Diary of Lisa Taylor, reluctantly 42 (and a half)

Or.. 'f.ck me I'm forty.. two.. and a half', though can look 38 on a - not so deluded - good day. Or 'How to reconcile a well experienced mind trapped in a still - but for how long? – youthful body.' Don't have the 30somethings angst/problems, neither have the resigned (?) ageing baby-boomers in safe family territory outlook yet. Here's how I cope, one day all sexy women will get old... but never invisible. © Lisa Taylor 2005/6/7/8/9. Jeez.. so much for the 42 and-a-half delusion

Friday, November 30, 2007

26 November - Multitasking

How much do I do in a morning before I leave the house? It just occurred to me, that I clean the shower head (oh yes, had put it in a bowl wiht some vinegar to descale it) I take things out of the washing machine (I set it on night before), I clean the mirror in the bathroom as I brush my teeth and I wipe the washbasin, I make him a cup of tea. I tidy up a bit, pick up stuff, re-arrange newspapers and mags, and am about to take the thrash out when I remember to just leave it well alone…
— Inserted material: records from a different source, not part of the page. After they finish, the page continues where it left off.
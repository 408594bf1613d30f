-- ===== src/Examples/Brokers.antt =====
-- A task that goes through a broker, on the database in memory.
use redis_rate_limiter.Prelude.{◌≡◌, refl, true, none, some, ◌∷◌, ◌++◌}
use redis_rate_limiter.Prelude.Int.{pos}
use redis_rate_limiter.Prelude.Text.{Text, codes}
use redis_rate_limiter.Keys.{key_of, concurrency, buffer, get_inflight_key}
use redis_rate_limiter.Redis.{is_absent}
use redis_rate_limiter.Redis.Memory.{Table, empty, memory}
use redis_rate_limiter.Redis.SortedSet.{score}
use redis_rate_limiter.Importing.{Interpreter, import_string}
use redis_rate_limiter.Limiter.Schedule
use redis_rate_limiter.Limiter.Schedule.{task_id_of}
use redis_rate_limiter.Decorators.{Ended, returned}
use redis_rate_limiter.Brokers.{
  dramatiq, generic, sent, TaskCodec, schedule_routed, dispatch_task, generic_rate_limited_worker,
}
use redis_rate_limiter.Brokers.Payload.{Fields, end, field, dict, number, build_enhanced_payload}
use redis_rate_limiter.Brokers.Delivery.{StoredTask, schedule_routed-runs}
use redis_rate_limiter.Examples.Data.{api, limiter, noon}

abbrev app : Interpreter
app = record {
  Object = Text;
  module_of = λ fn. some (codes "app");
  qualname_of = λ fn. some fn;
  attribute = λ module_path name. some name;
  is_callable = λ fn. true;
  is_same = λ a b. true;
}

abbrev task_codec : TaskCodec
task_codec = record {
  signature = λ path payload. path;
  md5 = λ t. b'm' ∷ t;
  dumps = λ id path payload key. id ++ codes "}";
}

-- app.send(to=3)
abbrev three : Fields
three = field (codes "to") (number (pos 3)) end

abbrev send_path : Text
send_path = codes "app.send"

abbrev send_id : Text
send_id = codes "mapp.send"

abbrev stored : StoredTask
stored = record {
  id = send_id;
  func_path = send_path;
  payload = build_enhanced_payload (dict three) true;
}

-- A function that returns what it was given.
abbrev echo : Text → Fields → Table → Table × Ended Fields
echo func fields db = (db, returned fields)

schedule_routed-runs_example :
    let scheduled =
      schedule_routed memory task_codec true noon limiter send_path
        (dict three)
        (pos 0)
        none
        true
        empty in
    let (after, result) =
      generic_rate_limited_worker memory app
        (λ id. some limiter)
        echo
        api
        send_path
        (dict three)
        send_id
        empty in
    (scheduled.1 ≡ Schedule.returned true send_id)
    × ((m : Text) × (score m (scheduled.0 (key_of api buffer)).zset ≡ some (pos 0))
        × (dispatch_task app
              (λ message. true)
              dramatiq
              limiter
              send_path
              (build_enhanced_payload (dict three) true)
              send_id
            ≡ sent (generic api send_path (dict three) send_id)))
    × (result ≡ returned three)
    × (score send_id (after (key_of api concurrency)).zset ≡ none)
    × (is_absent (after (get_inflight_key api send_id)) ≡ true)
unfolding task_id_of import_string
schedule_routed-runs_example =
    schedule_routed-runs memory app (λ id. some limiter) echo task_codec (λ raw. stored)
      (λ message. true) dramatiq limiter limiter send_path three (codes "send") noon (pos 0) none
      empty empty refl refl refl refl refl refl refl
I don’t care. He has time to read the papers, read books, do anything he wants, but not hoover unless he's been told for a week and not polish his shoes unless he's been told for two weeks. My oh my, who would want to live together /get married and all those things then really become your chores instead of just doing them because, because, you just do. Why can't I just sit down, drink my tea and maybe read for five minutes before I go to work? Why am I wired this other stupid way that makes me the maid?

He's got his uses, I do send him to get the Vietnamese visas though… and that is something I'd have to take a morning off for. Still he'll have a coffee whilst he waits and read in the car. He still has an easier life than me.